A Columbus Day Celebration of Circumnavigation

Around the World coverFiction became fact and dreams materialized in the circumnavigation journeys of three adventurers in the late 19th century, and in celebration of Columbus Day, I wanted to share a graphic novel that narrates their journeys.  In Around the World, Matt Phelan spins these three adventurers’ stories into the whirlwind graphic novel, broken into three sections that detail each of the record-setting tales.

First, meet Thomas Stevens, a miner turned wheelman who dreams of becoming the first person to circle the globe while riding a bicycle.  Only a few years after Stevens, female reporter Elizabeth Cochrane, better known by her penname Nellie Bly, sets out to break the fictional circumnavigation record Phileas Fogg set in Jules Verne’s novel Around the World in Eighty Days.  Finally, not long after Stevens and Bly, mariner Joshua Slocum begins his adventure to be the first man to sail solo around the globe.

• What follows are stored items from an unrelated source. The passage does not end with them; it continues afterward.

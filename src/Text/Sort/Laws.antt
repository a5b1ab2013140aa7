-- ===== src/Text/Sort/Laws.antt =====
-- `sort.Strings` returns a sorted permutation, and the same one for every order of its input.
use mathlib.Core.List.{Perm, Permᴰ}
use mathlib.Core.Logic.{∥∥₁_elim}
use text.Mathlib.TextEquality.{IsScalar-prop}
use editrig_go.Base.{
  ◌≡◌, refl, ap, ◌∙◌, true, ◌||◌, arith, List, [], ◌∷◌, String, ◌==◌, All, mem_text, Bool-cases,
  inl, inr,
}
use editrig_go.Text.Sort.{text_leb, insert_sorted, sort_strings}
use editrig_go.Text.Sort.Order.{text_leb-total, text_leb_trans, text_leb_antisymm}

abbrev pub IsSorted : List String → Type 0
IsSorted [] = Unit
IsSorted (s ∷ ss) = All (λ t. text_leb s t ≡ true) ss × IsSorted ss

All-le_trans :
    (s t : String) (us : List String)
    → text_leb s t ≡ true
    → All (λ u. text_leb t u ≡ true) us
    → All (λ u. text_leb s u ≡ true) us
All-le_trans s t [] h a = tt
All-le_trans s t (u ∷ us) h (p, a) = (text_leb_trans s t u h p, All-le_trans s t us h a)

All-insert_sorted :
    (P : String → Type 0) (s : String) (ts : List String)
    → P s
    → All P ts
    → All P (insert_sorted s ts)
unfolding insert_sorted
All-insert_sorted P s [] p a = (p, tt)
All-insert_sorted P s (t ∷ ts) p (q, a) = elim (Bool-cases (text_leb s t)) [
  | inl h ↦ rw h (p, (q, a))
  | inr h ↦ rw h (q, All-insert_sorted P s ts p a)
]

insert_sorted-IsSorted :
    (s : String) (ts : List String) → IsSorted ts → IsSorted (insert_sorted s ts)
unfolding insert_sorted
insert_sorted-IsSorted s [] _ = (tt, tt)
insert_sorted-IsSorted s (t ∷ ts) (a, h) = elim (Bool-cases (text_leb s t)) [
  | inl p ↦ rw p ((p, All-le_trans s t ts p a), (a, h))
  | inr p ↦ rw p (
    All-insert_sorted (λ u. text_leb t u ≡ true) s ts (text_leb-total s t p) a,
    insert_sorted-IsSorted s ts h,
  )
]

pub sort_strings-IsSorted : (ss : List String) → IsSorted (sort_strings ss)
unfolding sort_strings
sort_strings-IsSorted [] = tt
sort_strings-IsSorted (s ∷ ss) =
    insert_sorted-IsSorted s (sort_strings ss) (sort_strings-IsSorted ss)

insert_sorted_comm :
    (s t : String) (us : List String)
    → insert_sorted s (insert_sorted t us) ≡ insert_sorted t (insert_sorted s us)
unfolding insert_sorted
insert_sorted_comm s t [] =
    ground (arith, text_leb-total s t, text_leb-total t s, text_leb_antisymm s t)
insert_sorted_comm s t (u ∷ us) = ground (
  arith,
  insert_sorted_comm s t us,
  text_leb-total s t,
  text_leb-total t s,
  text_leb_antisymm s t,
  text_leb_trans s t u,
  text_leb_trans t s u,
  text_leb-total s u,
  text_leb-total t u,
)

sort_strings_of_Permᴰ : {ss ts : List String} → Permᴰ ss ts → sort_strings ss ≡ sort_strings ts
unfolding sort_strings
sort_strings_of_Permᴰ Permᴰ.nil = refl
sort_strings_of_Permᴰ (Permᴰ.cons p h) = λ i. insert_sorted (p i) (sort_strings_of_Permᴰ h i)
sort_strings_of_Permᴰ (Permᴰ.swap {a = a} {b = b} {l = l} p q) =
    insert_sorted_comm a b (sort_strings l)
    ∙ (λ i. insert_sorted (q i) (insert_sorted (p i) (sort_strings l)))
sort_strings_of_Permᴰ (Permᴰ.trans h k) = sort_strings_of_Permᴰ h ∙ sort_strings_of_Permᴰ k

List_set : IsSet (List String)
List_set = hlevel IsScalar-prop

pub sort_strings_of_perm : {ss ts : List String} → Perm ss ts → sort_strings ss ≡ sort_strings ts
sort_strings_of_perm h = ∥∥₁_elim h (List_set _ _) sort_strings_of_Permᴰ

pub mem_text-insert_sorted :
    (k s : String) (ts : List String) → mem_text k (insert_sorted s ts) ≡ (s == k || mem_text k ts)
unfolding insert_sorted
mem_text-insert_sorted k s [] = refl
mem_text-insert_sorted k s (t ∷ ts) = ground (arith, mem_text-insert_sorted k s ts)

pub mem_text-sort_strings :
    (k : String) (ss : List String) → mem_text k (sort_strings ss) ≡ mem_text k ss
unfolding sort_strings
mem_text-sort_strings k [] = refl
mem_text-sort_strings k (s ∷ ss) =
    mem_text-insert_sorted k s (sort_strings ss)
    ∙ ap (λ b. s == k || b) (mem_text-sort_strings k ss)

pub All-sort_strings : (P : String → Type 0) (ss : List String) → All P ss → All P (sort_strings ss)
unfolding sort_strings
All-sort_strings P [] a = tt
All-sort_strings P (s ∷ ss) (p, a) =
    All-insert_sorted P s (sort_strings ss) p (All-sort_strings P ss a)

Phelan’s artwork in Around the World is subtly gorgeous, full of pretty greens, blues, oranges, and greys.  In addition to the colors, the flowing style works especially well for ocean scenes and for expressing motion.  That said, I often found Phelan’s pages of un-narrated pictures a bit confusing.  In particular, the beginning of each story tends to be hard to understand; then, as the story progresses, the plot becomes clearer.

Nevertheless, I think the unique true stories and beautiful artwork make up for any storytelling deficiencies.  Around the World is a worthwhile read, especially for those who love one-of-a-kind adventure stories and want to commemorate Columbus Day with a little historical dabbling.

Happy Columbus Day!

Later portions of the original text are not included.